Business Recorder | February 13, 2014
Talks on BIT require new template, US tells Pakistan
The United States has conveyed to the Pakistan Muslim League (N) government that future negotiations on Bilateral Investment Treaty (BIT) will be held on the basis of a new template as the old template lapsed in 2012, sources said. As both countries failed to reach a conclusion in the past, the treaty will have to be renegotiated on the basis of a new template, sources said.
Sources further revealed that with the lapse of the old template a waiver from the US President is required, therefore talks will be held on the basis of a new template which is the same except inclusion of environment clauses. The United States has asked Pakistan to restart stalled talks on BIT and the Board of Investment (BoI) has been engaged in consultation with all domestic stakeholders before restarting negotiations with the US.
Recently, the Board received a message from US administration, informing the Board for inclusion of a clause relating to environment in the draft BIT agreement. It is not Pakistan specific and is applicable to all BIT agreements to be signed in future with the US, sources said.
In 2005 report, Salacuse and Sullivan concluded that a US BIT exhibits a very strong correlation with US FDI outflows to a developing country compared to US flows to developing countries with no US BIT. The results suggest that a US BIT is correlated with an extra 1 billion US dollars in increased FDI per year. The US and Pakistan began negotiating BIT in 2004 and BoI has not be able to address the concerns of line ministries and other government departments so far. The negotiations stopped in 2012 after the Strategic Plans Division (SPD) and the Pakistan Military objected over the insertion of security related clauses in the draft treaty and its implications on the country’s defence programme.
When contacted former Chairman BoI, Saleem Mandviwalla, said the USA has not changed any thing in BIT draft which was already agreed upon but the Non-Conforming Measures (NCMs) need to be finalised by the Pakistani side. "I was not able to sign the BIT as SPD raised some concerns on which they required clarification which are still pending," he maintained.
The BOI is yet to complete its internal consultation with the line ministries regarding the NCMs (illustrative lists of all policy and procedural parameters for investors eyeing Pakistan), a senior official of Board said. He said that the present government would seek greater access to US markets when it begins negotiations on the BIT however meetings are yet to be scheduled.
Despite years of negotiations both sides have yet to sort out key thorny issues. The US in particular has a long list of requirements including settlement of US investment disputes according to US laws, protection of US companies that have invested from a third country of origin and for Pakistan to notify to the US all draft laws and rules concerning any change in investment policies prior to their approval by the Pakistani Parliament.

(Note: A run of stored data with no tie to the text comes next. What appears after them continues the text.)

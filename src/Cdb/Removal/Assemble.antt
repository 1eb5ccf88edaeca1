-- ===== src/Cdb/Removal/Assemble.antt =====
-- The file that `finalize_cdb` signs: a patched header with the compressed stream behind it.
use libopod.Base.{
  ℕ, ◌+◌, ◌≤◌, ◌<◌, ◌≡◌, refl, true, sym, ap, ◌∙◌, Option, some, List, ◌++◌, ◌⊎◌, inl, inr, arith,
}
use libopod.Base.Lists.{
  length, take, drop, slice, splice, length-append, take-append_le, drop-append_at,
}
use libopod.Base.Slices.{slice-append_le, slice-splice_before, slice-splice_after}
use libopod.Base.Tests.{ltb, lt→ltb, Option-cases}
use libopod.Error.{ok, >>=-eq-ok}
use libopod.Bytes.{read_u16, read_u32, to_le_bytes, write_le, write_u16, write_u32}
use libopod.Bytes.Laws.{
  read_le-write_le, read_le-write_le_ne, length-write_le, write_le_in, write_le_inv,
  length-to_le_bytes,
}
use libopod.Bytes.Frame.{read_le-take, drop-write_le, take-write_le}
use libopod.Cdb.Index.{u32_from, u32_mod}
use libopod.Cdb.Index.Writes.{u32_from_inv}
use libopod.Cdb.Hashab.{Hashab}
use libopod.Cdb.Removal.{assemble_cdb, patch_header}

-- A file of a header and a stream, with its length and flag fields set. The header is otherwise as it
-- was, but for the fields of the scheme and of the signature, which are still to be written.
pub record IsAssembled (header compressed out : List ℕ) : Type 0 where
  pub size : length out ≡ length header + length compressed
  pub stream : drop (length header) out ≡ compressed
  pub magic : take 4 out ≡ take 4 header
  pub header_field : read_u32 out 4 ≡ read_u32 header 4
  pub length_field : read_u32 out 8 ≡ ok (length out)
  pub count_field : read_u32 out 0x14 ≡ read_u32 header 0x14
  pub flag : read_u16 out 0xa8 ≡ ok 1
  pub before_length : take 8 out ≡ take 8 header
  pub before_scheme : slice out 12 0x30 ≡ slice header 12 0x30
  pub before_flag : slice out 0x32 0xa8 ≡ slice header 0x32 0xa8
  pub before_signature : slice out 0xaa 0xab ≡ slice header 0xaa 0xab
  pub behind_signature : slice out 0xe4 (length header) ≡ slice header 0xe4 (length header)

-- a range that a write does not touch
slice-write_le :
    (n : ℕ) (bs : List ℕ) (offset v a b : ℕ) {out : List ℕ}
    → write_le n bs offset v ≡ ok out
    → a ≤ b
    → (b ≤ offset) ⊎ (offset + n ≤ a)
    → slice out a b ≡ slice bs a b
slice-write_le n bs offset v a b e le apart =
    let w = write_le_inv n bs offset v e in
    let len = length-to_le_bytes n v in
    ap (λ t. slice t a b) w.1 ∙ elim apart [
      | inl before ↦
          slice-splice_before bs offset (to_le_bytes n v) a b (omega (arith, w.0)) le before
      | inr behind ↦
          slice-splice_after bs offset (to_le_bytes n v) a b (omega (arith, w.0, len))
            (omega (arith, len, behind))
    ]

module _ (header compressed : List ℕ) (long : 0xe4 ≤ length header) where
  write_both :
      {flagged out : List ℕ}
      → write_le 2 (header ++ compressed) 0xa8 1 ≡ ok flagged
      → length flagged < u32_mod
      → write_le 4 flagged 8 (length flagged) ≡ ok out
      → IsAssembled header compressed out
  unfolding read_u16 read_u32
  write_both {flagged} {out} first fits second =
      let whole = length-append header compressed in
      let size1 = length-write_le 2 (header ++ compressed) 0xa8 1 first in
      let size2 = length-write_le 4 flagged 8 (length flagged) second in
      let old = λ (n offset : ℕ) (h : offset + n ≤ 0xa8).
        read_le-write_le_ne 2 n (header ++ compressed) 0xa8 offset 1 first (inl h)
        ∙ read_le-take n (header ++ compressed) header offset (length header)
            (omega (arith, h, long)) (omega (arith, whole)) (omega arith)
            (take-append_le (length header) header compressed (omega arith)) in
      let same =
        λ (a b : ℕ) (le : a ≤ b) (fit : b ≤ length header) (low : (b ≤ 0xa8) ⊎ (0xa8 + 2 ≤ a))
            (high : 8 + 4 ≤ a).
          slice-write_le 4 flagged 8 (length flagged) a b second le (inr high)
          ∙ slice-write_le 2 (header ++ compressed) 0xa8 1 a b first le low
          ∙ slice-append_le header compressed a b le fit in
      record {
        size = size2 ∙ size1 ∙ whole;
        stream =
            drop-write_le 4 flagged 8 (length flagged) (length header) second (omega (arith, long))
            ∙ drop-write_le 2 (header ++ compressed) 0xa8 1 (length header) first
                (omega (arith, long))
            ∙ drop-append_at (length header) header compressed refl;
        magic =
            take-write_le 4 flagged 8 (length flagged) 4 second (omega arith)
            ∙ take-write_le 2 (header ++ compressed) 0xa8 1 4 first (omega arith)
            ∙ take-append_le 4 header compressed (omega (arith, long));
        header_field =
            read_le-write_le_ne 4 4 flagged 8 4 (length flagged) second (inl (omega arith))
            ∙ old 4 4 (omega arith);
        length_field =
            read_le-write_le 4 flagged 8 (length flagged) fits second ∙ ap ok (sym size2);
        count_field =
            read_le-write_le_ne 4 4 flagged 8 0x14 (length flagged) second (inr (omega arith))
            ∙ old 4 0x14 (omega arith);
        flag =
            read_le-write_le_ne 4 2 flagged 8 0xa8 (length flagged) second (inr (omega arith))
            ∙ read_le-write_le 2 (header ++ compressed) 0xa8 1 (omega arith) first;
        before_length =
            take-write_le 4 flagged 8 (length flagged) 8 second (omega arith)
            ∙ take-write_le 2 (header ++ compressed) 0xa8 1 8 first (omega arith)
            ∙ take-append_le 8 header compressed (omega (arith, long));
        before_scheme =
            same 12 0x30 (omega arith) (omega (arith, long)) (inl (omega arith)) (omega arith);
        before_flag =
            same 0x32 0xa8 (omega arith) (omega (arith, long)) (inl (omega arith)) (omega arith);
        before_signature =
            same 0xaa 0xab (omega arith) (omega (arith, long)) (inr (omega arith)) (omega arith);
        behind_signature =
            same 0xe4 (length header) long (omega arith) (inr (omega arith)) (omega arith);
      }

module _ (header : List ℕ) (long : 0xe4 ≤ length header) where
  -- A stream that leaves the file below 4 GiB is put behind the header.
  pub patch_header-IsAssembled :
      (compressed : List ℕ)
      → length header + length compressed < u32_mod
      → (out : List ℕ) × (patch_header header compressed ≡ ok out)
        × IsAssembled header compressed out
  unfolding patch_header write_u16 write_u32 u32_from
  patch_header-IsAssembled compressed small =
      let whole = length-append header compressed in
      let first = write_le_in 2 (header ++ compressed) 0xa8 1 (omega (arith, whole, long)) in
      let flagged = splice (header ++ compressed) 0xa8 (to_le_bytes 2 1) in
      let size1 : length flagged ≡ length (header ++ compressed) =
        length-write_le 2 (header ++ compressed) 0xa8 1 first in
      let second = write_le_in 4 flagged 8 (length flagged) (omega (arith, whole, size1, long)) in
      let fits = lt→ltb (length flagged) u32_mod (omega (arith, size1, whole, small)) in
      (
        splice flagged 8 (to_le_bytes 4 (length flagged)),
        patched first fits second,
        write_both header compressed long first (omega (arith, size1, whole, small)) second,
      )
    where
      patched :
          {flagged out : List ℕ}
          → write_le 2 (header ++ compressed) 0xa8 1 ≡ ok flagged
          → ltb (length flagged) u32_mod ≡ true
          → write_le 4 flagged 8 (length flagged) ≡ ok out
          → patch_header header compressed ≡ ok out
      patched first fits second = rw (first, fits) second

  pub patch_header_inv :
      (compressed : List ℕ) {out : List ℕ}
      → patch_header header compressed ≡ ok out
      → IsAssembled header compressed out
  unfolding patch_header write_u16 write_u32
  patch_header_inv compressed e =
      let (flagged, first, e1) = >>=-eq-ok (write_le 2 (header ++ compressed) 0xa8 1) _ e in
      let (size, checked, e2) = >>=-eq-ok (u32_from (length flagged)) _ e1 in
      let is = u32_from_inv (length flagged) checked in
      write_both header compressed long first is.1 (rw is.0 at e2)

module _ (inflate : ℕ → List ℕ → Option (List ℕ)) (deflate : List ℕ → Option (List ℕ))
    (hashab : Hashab) (header : List ℕ) where
  pub assemble_cdb-patch_header :
      (uncompressed compressed : List ℕ)
      → deflate uncompressed ≡ some compressed
      → assemble_cdb inflate deflate hashab header uncompressed ≡ patch_header header compressed
  unfolding assemble_cdb
  assemble_cdb-patch_header uncompressed compressed e = rw (e, assemble_cdb) refl

  pub assemble_cdb_inv :
      (uncompressed : List ℕ) {out : List ℕ}
      → assemble_cdb inflate deflate hashab header uncompressed ≡ ok out
      → (compressed : List ℕ) × (deflate uncompressed ≡ some compressed)
        × (patch_header header compressed ≡ ok out)
  unfolding assemble_cdb
  assemble_cdb_inv uncompressed e = elim (Option-cases (deflate uncompressed)) [
    | inl failed ↦ absurd (ground (arith, e, failed))
    | inr (compressed, made) ↦
        (compressed, made, sym (assemble_cdb-patch_header uncompressed compressed made) ∙ e)
  ]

According to the office of United States Trade Representative, the USA BIT program helps to protect private investment, develop market-oriented policies in partner countries, and to promote US exports. The BIT program’s basic aims are to protect investment abroad in countries where investor rights are not already protected through existing agreements (such as modern treaties of friendship, commerce, and navigation, or free trade agreements).